Wal-Mart has done a lot of good for people with lower incomes. Prices are low,
employment is usually easy to come by.

It's not home to the finest of goods, but when the chips are down Wal-Mart is
your friend.

------
burtonator
What would happen over time if a specific class of people had an unfair
advantage?

I did the math and Bloomberg has ALREADY earned back all the money he spent in
the election by literally doing _nothing_.

\- They pay _dramatically_ less taxes. Often zero percent on many transactions
and with money hidden overseas or in specifically designed financial
instruments for the rich.

\- They have connections you don't because they send their children to ivy
league schools, the ENTIRE purpose of which is to act as a filter for the
rich.

\- They own the means of production.

\- The working class won't stand up for their rights, won't unionize, and
consistently ...

\- They can bypass state taxes entirely by lying about where they live.

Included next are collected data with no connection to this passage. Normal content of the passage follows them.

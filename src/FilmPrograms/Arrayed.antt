-- ===== src/FilmPrograms/Arrayed.antt =====
-- Data_Representation/films.c and films_malloc.c: the films in an array.
use mathlib.Core.List.{cons≢nil}
use computer_science.Prelude.{
  ℕ, zero, suc, ◌-◌, ◌^◌, ◌<◌, ◌≡◌, ◌≢◌, ◌∙◌, refl, ap, arith, inl, inr, Bool, true, List, [], ◌∷◌,
  ◌++◌, map, Option, none, some, ◌>>=◌, if◌then◌else◌,
}
use computer_science.Prelude.Int.{ℤ, pos, negsuc}
use computer_science.Text.{Text, newline}
use computer_science.Text.Decimal.{show_int, IsInt}
use computer_science.Text.Decimal.Scanning.{scan_int, scan_int-show_int}
use computer_science.FilmList.{Film}
use computer_science.FilmPrograms.{
  Line, how_many, first_title, ask_rating, next_title, no_data, header, movie, bye, tsize,
  discard_line, s_gets,
}
use computer_science.FilmPrograms.Reading.{
  first, typed, AllEntries, IsEnd, kept, s_gets-line, s_gets-nil, s_gets-newline,
}
use computer_science.FilmPrograms.Keeping.{asked}
use computer_science.FilmPrograms.Listed.{displayed}

abbrev pub fmax : ℕ
fmax = 5

-- The body of the loop, for a title; `again` is the next round. A rating that `scanf` does not set is
-- shown below, which is undefined.
unfoldable pub array_title :
    (Text → Option (List Line × List Film)) → Option Text → Text → Option (List Line × List Film)
unfolding discard_line scan_int
array_title again none input = some ([], [])
array_title again (some []) input = some ([], [])
array_title again (some (c ∷ title)) input = do
  (scanned, rest) ← scan_int input
  rating ← scanned
  input2 ← discard_line rest
  (lines, films) ← again input2
  some (ask_rating ∷ next_title ∷ lines, record { title = c ∷ title; rating = rating } ∷ films)

-- The loop, with room for so many films: what is printed, and the films.
unfoldable pub gather_array : ℕ → Text → Option (List Line × List Film)
unfolding array_title s_gets
gather_array zero input = some ([], [])
gather_array (suc left) input = do
  (title, rest) ← s_gets tsize input
  array_title (λ input2. gather_array left input2) title rest

unfoldable pub show_array : List Film → List Line
show_array [] = no_data ∷ []
show_array (x ∷ films) = header ∷ map movie (x ∷ films)

-- What both programs do with an array
unfoldable pub run_array : ℕ → Text → Option (List Line)
unfolding gather_array show_array
run_array size input = do
  (lines, films) ← gather_array size input
  some (first_title ∷ lines ++ show_array films ++ bye ∷ [])

-- `main` of films.c
unfoldable pub fixed_main : Text → Option (List Line)
unfolding run_array
fixed_main input = run_array fmax input

-- `getchar()`
unfoldable pub drop_byte : Text → Text
drop_byte [] = []
drop_byte (c ∷ input) = input

-- The array that `malloc` returns, or does not, for a number of films
unfoldable pub run_malloc : (ℕ → Bool) → ℤ → Text → Option (List Line)
unfolding run_array
run_malloc available (pos zero) input = run_array 0 input
run_malloc available (pos (suc n)) input =
    if available (suc n) then run_array (suc n) input else none
run_malloc available (negsuc n) input = run_array 0 input

-- `main` of films_malloc.c; `available` says where `malloc` does not return NULL, which is used unseen.
unfoldable pub malloc_main : (ℕ → Bool) → Text → Option (List Line)
unfolding scan_int run_malloc drop_byte
malloc_main available input = do
  (scanned, rest) ← scan_int input
  lines ← run_malloc available (elim scanned [ none ↦ pos 0 | some n ↦ n ]) (drop_byte rest)
  some (how_many ∷ lines)

-- The films that there is room for
abbrev pub front : ℕ → List Film → List Film
front zero xs = []
front (suc n) [] = []
front (suc n) (x ∷ xs) = x ∷ front n xs

array_title-entry :
    (again : Text → Option (List Line × List Film)) (title : Text) (rating : ℤ) (rest : Text)
    (lines : List Line) (films : List Film)
    → title ≢ []
    → IsInt rating
    → again rest ≡ some (lines, films)
    → array_title again (some title) (show_int rating ++ newline ∷ rest)
      ≡ some (ask_rating ∷ next_title ∷ lines, record { title = title; rating = rating } ∷ films)
unfolding array_title discard_line
array_title-entry again [] rating rest lines films ne int e = absurd (ne refl)
array_title-entry again (c ∷ title) rating rest lines films ne int e =
    rw (scan_int-show_int rating newline rest int refl) (rw e refl)

-- A title that is not empty is not cut to an empty one.
first-some : (t : Text) → t ≢ [] → first (tsize - 1) t ≢ []
first-some [] ne e = ne refl
first-some (c ∷ t) ne e = cons≢nil e

array_title-end :
    (again : Text → Option (List Line × List Film)) (rest : Text)
    → (array_title again none rest ≡ some ([], []))
      × (array_title again (some []) rest ≡ some ([], []))
unfolding array_title
array_title-end again rest = (refl, refl)

gather_array-front :
    (n : ℕ) (xs : List Film) (end : Text)
    → AllEntries xs
    → IsEnd end
    → gather_array n (typed xs end) ≡ some (asked (front n (map kept xs)) [], front n (map kept xs))
unfolding gather_array
gather_array-front zero xs end all is_end = refl
gather_array-front (suc n) [] end all (inl e) =
    rw (ap (s_gets tsize) e ∙ s_gets-nil) (array_title-end (gather_array n) []).0
gather_array-front (suc n) [] end all (inr (rest, e)) =
    rw (ap (s_gets tsize) e ∙ s_gets-newline rest) (array_title-end (gather_array n) rest).1
gather_array-front (suc n) (x ∷ xs) end ((some_title, plain, int), all) is_end =
    rw (s_gets-line x.title (show_int x.rating ++ newline ∷ typed xs end) some_title plain) (
      array_title-entry (gather_array n) (first (tsize - 1) x.title) x.rating (typed xs end) _ _
        (first-some x.title some_title) int (gather_array-front n xs end all is_end))

show_array-displayed : (xs : List Film) → show_array xs ≡ displayed xs
unfolding show_array
show_array-displayed [] = refl
show_array-displayed (x ∷ xs) = refl

-- What the programs print for an array of `n` films
abbrev pub array_lines : ℕ → List Film → List Line
array_lines n xs =
    first_title ∷ asked (front n (map kept xs)) [] ++ displayed (front n (map kept xs)) ++ bye ∷ []

run_array-lines :
    (n : ℕ) (xs : List Film) (end : Text)
    → AllEntries xs
    → IsEnd end
    → run_array n (typed xs end) ≡ some (array_lines n xs)
unfolding run_array
run_array-lines n xs end all is_end =
    rw (gather_array-front n xs end all is_end)
      (rw (show_array-displayed (front n (map kept xs))) refl)

run_malloc-lines :
    (available : ℕ → Bool) (n : ℕ) (xs : List Film) (end : Text)
    → (0 < n → available n ≡ true)
    → AllEntries xs
    → IsEnd end
    → run_malloc available (pos n) (typed xs end) ≡ some (array_lines n xs)
unfolding run_malloc
run_malloc-lines available zero xs end room all is_end = run_array-lines 0 xs end all is_end
run_malloc-lines available (suc n) xs end room all is_end =
    rw (room (omega arith)) (run_array-lines (suc n) xs end all is_end)

-- For titles and ratings on lines of their own, the titles not empty and the ratings of an `int`, and then
-- the end of the input or an empty line, films.c keeps and shows the first five films, each with the first
-- 44 bytes of its title; and films_malloc.c, where it is told a number in front and has memory for so
-- many, keeps and shows that many.
pub array_mains_lem :
    (available : ℕ → Bool) (n : ℕ) (xs : List Film) (end : Text)
    → AllEntries xs
    → IsEnd end
    → n < 2 ^ 31
    → (0 < n → available n ≡ true)
    → (fixed_main (typed xs end) ≡ some (array_lines fmax xs))
      × (malloc_main available (show_int (pos n) ++ newline ∷ typed xs end)
          ≡ some (how_many ∷ array_lines n xs))
unfolding fixed_main malloc_main drop_byte
array_mains_lem available n xs end all is_end lt room = (
  run_array-lines fmax xs end all is_end,
  rw (scan_int-show_int (pos n) newline (typed xs end) lt refl)
      (rw (run_malloc-lines available n xs end room all is_end) refl),
)
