-- ===== src/Forks.antt =====
-- CMU15-213/14-ecf-procs/forks.c, fork0 to fork11 and main: programs that fork, print, exit and wait.
-- A program is the tree of the system calls that it can still make; a function takes what follows its
-- return. `fork` does not fail, and gives any number but 0 to the parent, so that what holds of every
-- run here holds also of the runs with the numbers that a kernel chooses. A `wait` without a child to wait for, which fails in
-- the code, does not step; standard output is a terminal, where a line is written at once.
pub mod Processes
pub mod Counting
pub mod Ending
pub mod Options
pub mod Waiting
pub mod Completing
use computer_science.Prelude.{
  ℕ, zero, suc, ◌+◌, ◌-◌, ◌<◌, ◌≡◌, List, [], ◌∷◌, ◌++◌, ◌==◌, if◌then◌else◌, get_or, not, ltb,
}
use computer_science.Prelude.Int.{ℤ, pos}

-- The lines that are printed; %d is a parameter.
pub data Line : Type 0 where
  hello_from_child : Line
  hello_from_parent : Line
  child_has_x : (x : ℕ) → Line
  parent_has_x : (x : ℕ) → Line
  bye_from : (pid x : ℕ) → Line
  l0 : Line
  l1 : Line
  l2 : Line
  bye : Line
  cleaning_up : Line
  terminating_child : (pid : ℕ) → Line
  running_parent : (pid : ℕ) → Line
  running_child : (pid : ℕ) → Line
  terminating_parent : (pid : ℕ) → Line
  hc : Line
  hp : Line
  ct : Line
  child_terminated : (wpid status : ℕ) → Line
  unknown_option : (option : ℕ) → Line

pub data Prog : Type 0 where
  print : (line : Line) (rest : Prog) → Prog
  -- `fork`, `getpid`, `wait` and `waitpid`, with what follows at their results
  fork : (rest : ℕ → Prog) → Prog
  getpid : (rest : ℕ → Prog) → Prog
  wait : (rest : (wpid status : ℕ) → Prog) → Prog
  waitpid : (pid : ℕ) (rest : (status : ℕ) → Prog) → Prog
  -- `atexit`, with a handler that prints a line
  atexit : (line : Line) (rest : Prog) → Prog
  exit : (status : ℕ) → Prog
  -- `while (1);`
  spin : Prog

unfoldable pub fork0 : Prog → Prog
fork0 rest =
    fork λ pid. if pid == 0 then print hello_from_child rest else print hello_from_parent rest

unfoldable pub fork1 : Prog → Prog
fork1 rest =
    let x : ℕ = 1 in
    let said_bye : ℕ → Prog = λ x. getpid λ self. print (bye_from self x) rest in
    fork λ pid.
      if pid == 0
      then print (child_has_x (x + 1)) (said_bye (x + 1))
      else print (parent_has_x (x - 1)) (said_bye (x - 1))

unfoldable pub fork2 : Prog → Prog
fork2 rest = print l0 (fork λ _. print l1 (fork λ _. print bye rest))

unfoldable pub fork3 : Prog → Prog
fork3 rest = print l0 (fork λ _. print l1 (fork λ _. print l2 (fork λ _. print bye rest)))

unfoldable pub fork4 : Prog → Prog
fork4 rest = print l0 (
    fork λ pid.
      if not (pid == 0)
      then print l1
          (fork λ pid2. if not (pid2 == 0) then print l2 (print bye rest) else print bye rest)
      else print bye rest)

unfoldable pub fork5 : Prog → Prog
fork5 rest = print l0 (
    fork λ pid.
      if pid == 0
      then print l1 (fork λ pid2. if pid2 == 0 then print l2 (print bye rest) else print bye rest)
      else print bye rest)

unfoldable pub fork6 : Prog → Prog
fork6 rest = atexit cleaning_up (fork λ _. exit 0)

unfoldable pub fork7 : Prog → Prog
fork7 rest = fork λ pid.
    if pid == 0
    then getpid (λ self. print (terminating_child self) (exit 0))
    else getpid (λ self. print (running_parent self) spin)

unfoldable pub fork8 : Prog → Prog
fork8 rest = fork λ pid.
    if pid == 0
    then getpid (λ self. print (running_child self) spin)
    else getpid (λ self. print (terminating_parent self) (exit 0))

unfoldable pub fork9 : Prog → Prog
fork9 rest = fork λ pid.
    if pid == 0 then print hc (exit 0) else print hp (wait λ wpid status. print ct (print bye rest))

-- `for (i = 0; i < N; i++) if ((pid[i] = fork()) == 0) exit(100+i);` from `i` on, `left` more times;
-- `pids` are the numbers so far, the newest first.
unfoldable pub fork_children : ℕ → ℕ → List ℕ → (List ℕ → Prog) → Prog
fork_children i zero pids rest = rest pids
fork_children i (suc left) pids rest =
    fork λ pid. if pid == 0 then exit (100 + i) else fork_children (i + 1) left (pid ∷ pids) rest

-- The second loop of fork10
unfoldable pub wait_children : ℕ → Prog → Prog
wait_children zero rest = rest
wait_children (suc left) rest =
    wait λ wpid status. print (child_terminated wpid status) (wait_children left rest)

-- The second loop of fork11, from the newest number to the oldest
unfoldable pub reap_children : List ℕ → Prog → Prog
reap_children [] rest = rest
reap_children (pid ∷ pids) rest =
    waitpid pid λ status. print (child_terminated pid status) (reap_children pids rest)

abbrev pub n_children : ℕ
n_children = 5

unfoldable pub fork10 : Prog → Prog
unfolding fork_children wait_children
fork10 rest = fork_children 0 n_children [] λ pids. wait_children n_children rest

unfoldable pub fork11 : Prog → Prog
unfolding fork_children reap_children
fork11 rest = fork_children 0 n_children [] λ pids. reap_children pids rest

-- `main` with its option; what fork12 to fork17 do is a parameter.
unfoldable pub main : (ℕ → Prog → Prog) → ℕ → Prog
unfolding fork0 fork1 fork2 fork3 fork4 fork5 fork6 fork7 fork8 fork9 fork10 fork11
main signals option =
    let return = exit 0 in
    if option == 0
    then fork0 return
    else if option == 1
    then fork1 return
    else if option == 2
    then fork2 return
    else if option == 3
    then fork3 return
    else if option == 4
    then fork4 return
    else if option == 5
    then fork5 return
    else if option == 6
    then fork6 return
    else if option == 7
    then fork7 return
    else if option == 8
    then fork8 return
    else if option == 9
    then fork9 return
    else if option == 10
    then fork10 return
    else if option == 11
    then fork11 return
    else if ltb option 18
    then signals option return
    else print (unknown_option option) return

I've started FOUR companies now. Sold three. I'm NOT a communist. Capitalism
is amazing - but it's fundamentally broken.

All the criticisms that US conservatives have previously applied to the Soviet
Union now apply to the US.

\- The government picks the winners. \- Government and corporations are in bed
with one another to the point where we have a centralized control of power.

The BEST reform we could have, and fight for, is adequate taxation. Make the
rich pay the SAME % as everyone else. NO tax benefits for corporations for
moving to a specific state/city. Uniform state taxation.

The extra money we make from making the rich pay their fair share, without
having YOU subsidize them, should go to help ALL Americans pay for health
care, education, etc.

If you're a Christian it's what Christ commanded you to do. If you're a good
person it's the RIGHT thing to do because it helps your fellow man. If you're
a capitalist it's the right thing because it will SAVE capitalism.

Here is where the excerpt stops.